The chronic autoimmune disease pemphigus foliaceus usually leads to death five years after the disease if left untreated. To improve the prognosis, dermatologists often prescribe holistic corticosteroid treatment, immunosuppressants, plasma exchange or immunoglobulin. The treatments that are supposed to lead to a reduction in the antibody titre are usually carried out in an inpatient setting and under supervision, in order to counteract any complications that may arise - including fatal ones - during therapy.
Since the 1950s, the use of corticosteroids over a period of one year has led to better long-term prospects for affected patients, so that up to 80% can continue to live symptom-free or even completely recovered in the long term. Those affected are often restricted in their daily activities during and after treatment, as they have to reckon with many hours of absence from work, weight loss and a lack of sleep. The exchange with other affected persons who have to go through the same thing can help them to cope with the change in their life.
Nevertheless, around 5% of cases still end fatally due to the consequences of treatment for systemic infections - less often after superinfection of the lesions - and lack of treatment. The sooner the disease is diagnosed and treatment is started, the better the chances of being able to live symptom-free for those affected.
So far, there are no promising preventive measures against pemphigus foliaceus available. The primary triggers of the autoimmune disease are not yet known. Only identifying and then avoiding the triggers could constitute a preventive measure.
In the case of pemphigus foliaceus, the options for direct follow-up care are severely limited in most cases. The affected person is dependent on the quick and above all on the early diagnosis and treatment of this disease so that no further complications arise and there are no other complaints.
It is necessary to take various medications. The doctor's instructions must always be followed. It is also important to ensure that the dosage is correct and that it is taken regularly in order to relieve the symptoms correctly and permanently.
When taking antibiotics, those affected should note that they should not be taken with alcohol in order not to reduce their effect.

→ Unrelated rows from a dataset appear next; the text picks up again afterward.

-- ===== src/Sched/Clock.antt =====
-- `earliest_deadline` of proc.rs: the time to which an idle machine moves its clock.
use web_tos.Prelude.{
  ℕ, ◌≤◌, ◌≡◌, refl, sym, subst, ◌∙◌, is_some, List, [], ◌∷◌, ◌++◌, Bool, true, ◌||◌, ◌⊎◌, ◌+◌,
  Bool-cases, Option, Option-cases, none, some, inl, inr, arith, leb, any,
}
use web_tos.Sched.{
  World, Scheduler, Task, ParkState, futex, waiting, Watch, timer, ready, runnable,
  wait_is_satisfied, find_ready, position, deadlines, deadlines_of, timer_expiries, option_list,
  least, earliest_deadline, passed,
}
use web_tos.Sched.Ends.{
  SomeEndsAt, In, All-In, least-In, SomeEndsAt-In, In-SomeEndsAt, least-none, least_le,
}

-- Some deadline of the list has come.
abbrev pub has_come : ℕ → List ℕ → Bool
has_come now ds = any (λ d. leb d now) ds

has_come-append :
    (now : ℕ) (ds es : List ℕ) → has_come now (ds ++ es) ≡ has_come now ds || has_come now es
has_come-append now [] es = refl
has_come-append now (d ∷ ds) es = ground (arith, has_come-append now ds es)

or_right : (a : Bool) {b : Bool} → b ≡ true → a || b ≡ true
or_right a h = ground arith

least_come : (now : ℕ) (ds : List ℕ) → passed now (least ds) ≡ has_come now ds
unfolding least
least_come now [] = refl
least_come now (d ∷ ds) = elim (Option-cases (least ds)) [
  | inl empty ↦ rw (empty, least) (ground (arith, least_come now ds))
  | inr (e, rest) ↦ rw (rest, least) (ground (arith, least_come now ds))
]

timer_step :
    (now : ℕ) (o : Option ℕ) (ds : List ℕ) (others : Bool)
    → (has_come now ds ≡ true → others ≡ true)
    → has_come now (elim o [ none ↦ ds | some d ↦ d ∷ ds ]) ≡ true
    → passed now o || others ≡ true
timer_step now none ds others step h = step h
timer_step now (some d) ds others step h = elim (Bool-cases (leb d now)) [
  | inl come ↦ ground arith
  | inr later ↦ or_right (leb d now) (step (ground arith))
]

watches_ready :
    (w : World) (now : ℕ) (watches : List Watch)
    → has_come now (timer_expiries w watches) ≡ true
    → any (ready w now) watches ≡ true
unfolding ready
watches_ready w now [] h = cc
watches_ready w now (timer t ∷ watches) h =
    timer_step now (w.next_expiry t) (timer_expiries w watches) (any (ready w now) watches)
      (watches_ready w now watches) h
watches_ready w now (x ∷ watches) h = or_right (ready w now x) (watches_ready w now watches h)

passed_list : (now : ℕ) (o : Option ℕ) → has_come now (option_list o) ≡ true → passed now o ≡ true
passed_list now none h = cc
passed_list now (some d) h = ground arith

state_satisfied :
    (w : World) (s : Scheduler) (now : ℕ) (t : Task) (p : ParkState)
    → t.state ≡ p
    → has_come now (deadlines_of w p) ≡ true
    → wait_is_satisfied w s t now ≡ true
unfolding wait_is_satisfied deadlines_of
state_satisfied w s now t (futex at woken deadline) q h =
    rw (q, wait_is_satisfied) (or_right woken (passed_list now deadline h))
state_satisfied w s now t (waiting watches deadline) q h =
    let split = has_come-append now (timer_expiries w watches) (option_list deadline) in
    elim (Bool-cases (has_come now (timer_expiries w watches))) [
      | inl rung ↦
          rw (q, wait_is_satisfied)
            (or_right (passed now deadline) (watches_ready w now watches rung))
      | inr quiet ↦
          let come = passed_list now deadline (ground arith) in rw (q, wait_is_satisfied, come) refl
    ]
state_satisfied w s now t _ q h = cc

tasks_runnable :
    (w : World) (s : Scheduler) (now : ℕ) (tasks : List Task)
    → has_come now (deadlines w tasks) ≡ true
    → any (runnable w s now) tasks ≡ true
unfolding deadlines runnable
tasks_runnable w s now [] h = cc
tasks_runnable w s now (t ∷ tasks) h =
    let split = has_come-append now (deadlines_of w t.state) (deadlines w tasks) in
    elim (Bool-cases t.stopped) [
      | inl halted ↦ or_right (runnable w s now t) (tasks_runnable w s now tasks (ground arith))
      | inr running ↦ elim (Bool-cases (has_come now (deadlines_of w t.state))) [
        | inl come ↦ ground (arith, state_satisfied w s now t t.state refl come)
        | inr later ↦ or_right (runnable w s now t) (tasks_runnable w s now tasks (ground arith))
      ]
    ]

position-any : {A : Type 0} (p : A → Bool) (xs : List A) → is_some (position p xs) ≡ any p xs
unfolding position
position-any p [] = refl
position-any p (x ∷ xs) = elim (Option-cases (position p xs)) [
  | inl gone ↦ ground (arith, position-any p xs)
  | inr (i, found) ↦ ground (arith, position-any p xs)
]

-- The first time at which a wait ends by itself; a task can run from then on.
abbrev pub Earliest : World → Scheduler → Option ℕ → Type 0
Earliest w s o =
    (o ≡ none) × ((e : ℕ) → SomeEndsAt w s.parked e → ⊥)
    ⊎ ((d : ℕ) × (o ≡ some d)
        × SomeEndsAt w s.parked d
        × ((e : ℕ) → SomeEndsAt w s.parked e → d ≤ e)
        × ((k : ℕ) → is_some (find_ready w s (d + k)) ≡ true))

-- There is an earliest deadline unless no wait of a task that is not stopped ends by itself: by the
-- timeout of its futex or poll, or by a timer that it watches. Then it is such a time, none of them
-- lies before it, and at it and at each later time a task can run, so that an idle machine which
-- moves its clock there does not stay idle.
pub earliest_deadline_lem : (w : World) (s : Scheduler) → Earliest w s (earliest_deadline w s)
unfolding earliest_deadline find_ready
earliest_deadline_lem w s =
    let ds = deadlines w s.parked in
    elim (Option-cases (least ds)) [
      | inl gone ↦
          inl (gone, λ e h. subst (λ l. In e l) (least-none ds gone) (SomeEndsAt-In w s.parked e h))
      | inr (d, found) ↦ inr (
        d,
        found,
        In-SomeEndsAt w s.parked d (least-In ds d found),
        λ e h. All-In d e ds (least_le ds d found) (SomeEndsAt-In w s.parked e h),
        λ k.
            let come : passed (d + k) (least ds) ≡ true = rw found (ground arith) in
            position-any (runnable w s (d + k)) s.parked
            ∙ tasks_runnable w s (d + k) s.parked (sym (least_come (d + k) ds) ∙ come),
      )
    ]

Drugs should not be discontinued quickly in pemphigus foliaceus. Regular check-ups and examinations by a doctor are also necessary to monitor the current state of the disease and to identify other damage early on.
Pemphigus foliaceus can be relieved with cortisone, which the doctor prescribes as tablets or infusions. When taking cortisone, patients should strictly adhere to the recommended dosage. The cortisone treatment protects against new inflammation, so that the skin erosions decrease. It is important not to unnecessarily irritate the affected areas of the skin. Side effects may occur when taking the preparations. This is exactly why the correct dosage plays such an important role.
Patients can also resort to ointments or lotions to heal the damaged skin. You should definitely listen to the doctor's recommendation. Careful, correct skin care prevents secondary inflammation. If there are other skin problems or autoimmune diseases, it is important that the doctor knows about them. In this way he can help to make the ideal adaptation of the medication.
To protect the damaged skin, of course, patients should not scratch themselves. Otherwise the problem will only get worse. Calming exercises and a good body awareness help to let the areas heal in peace. In this way, those affected can make life a little easier. Allergy sufferers should be particularly careful and avoid the allergy trigger as much as possible.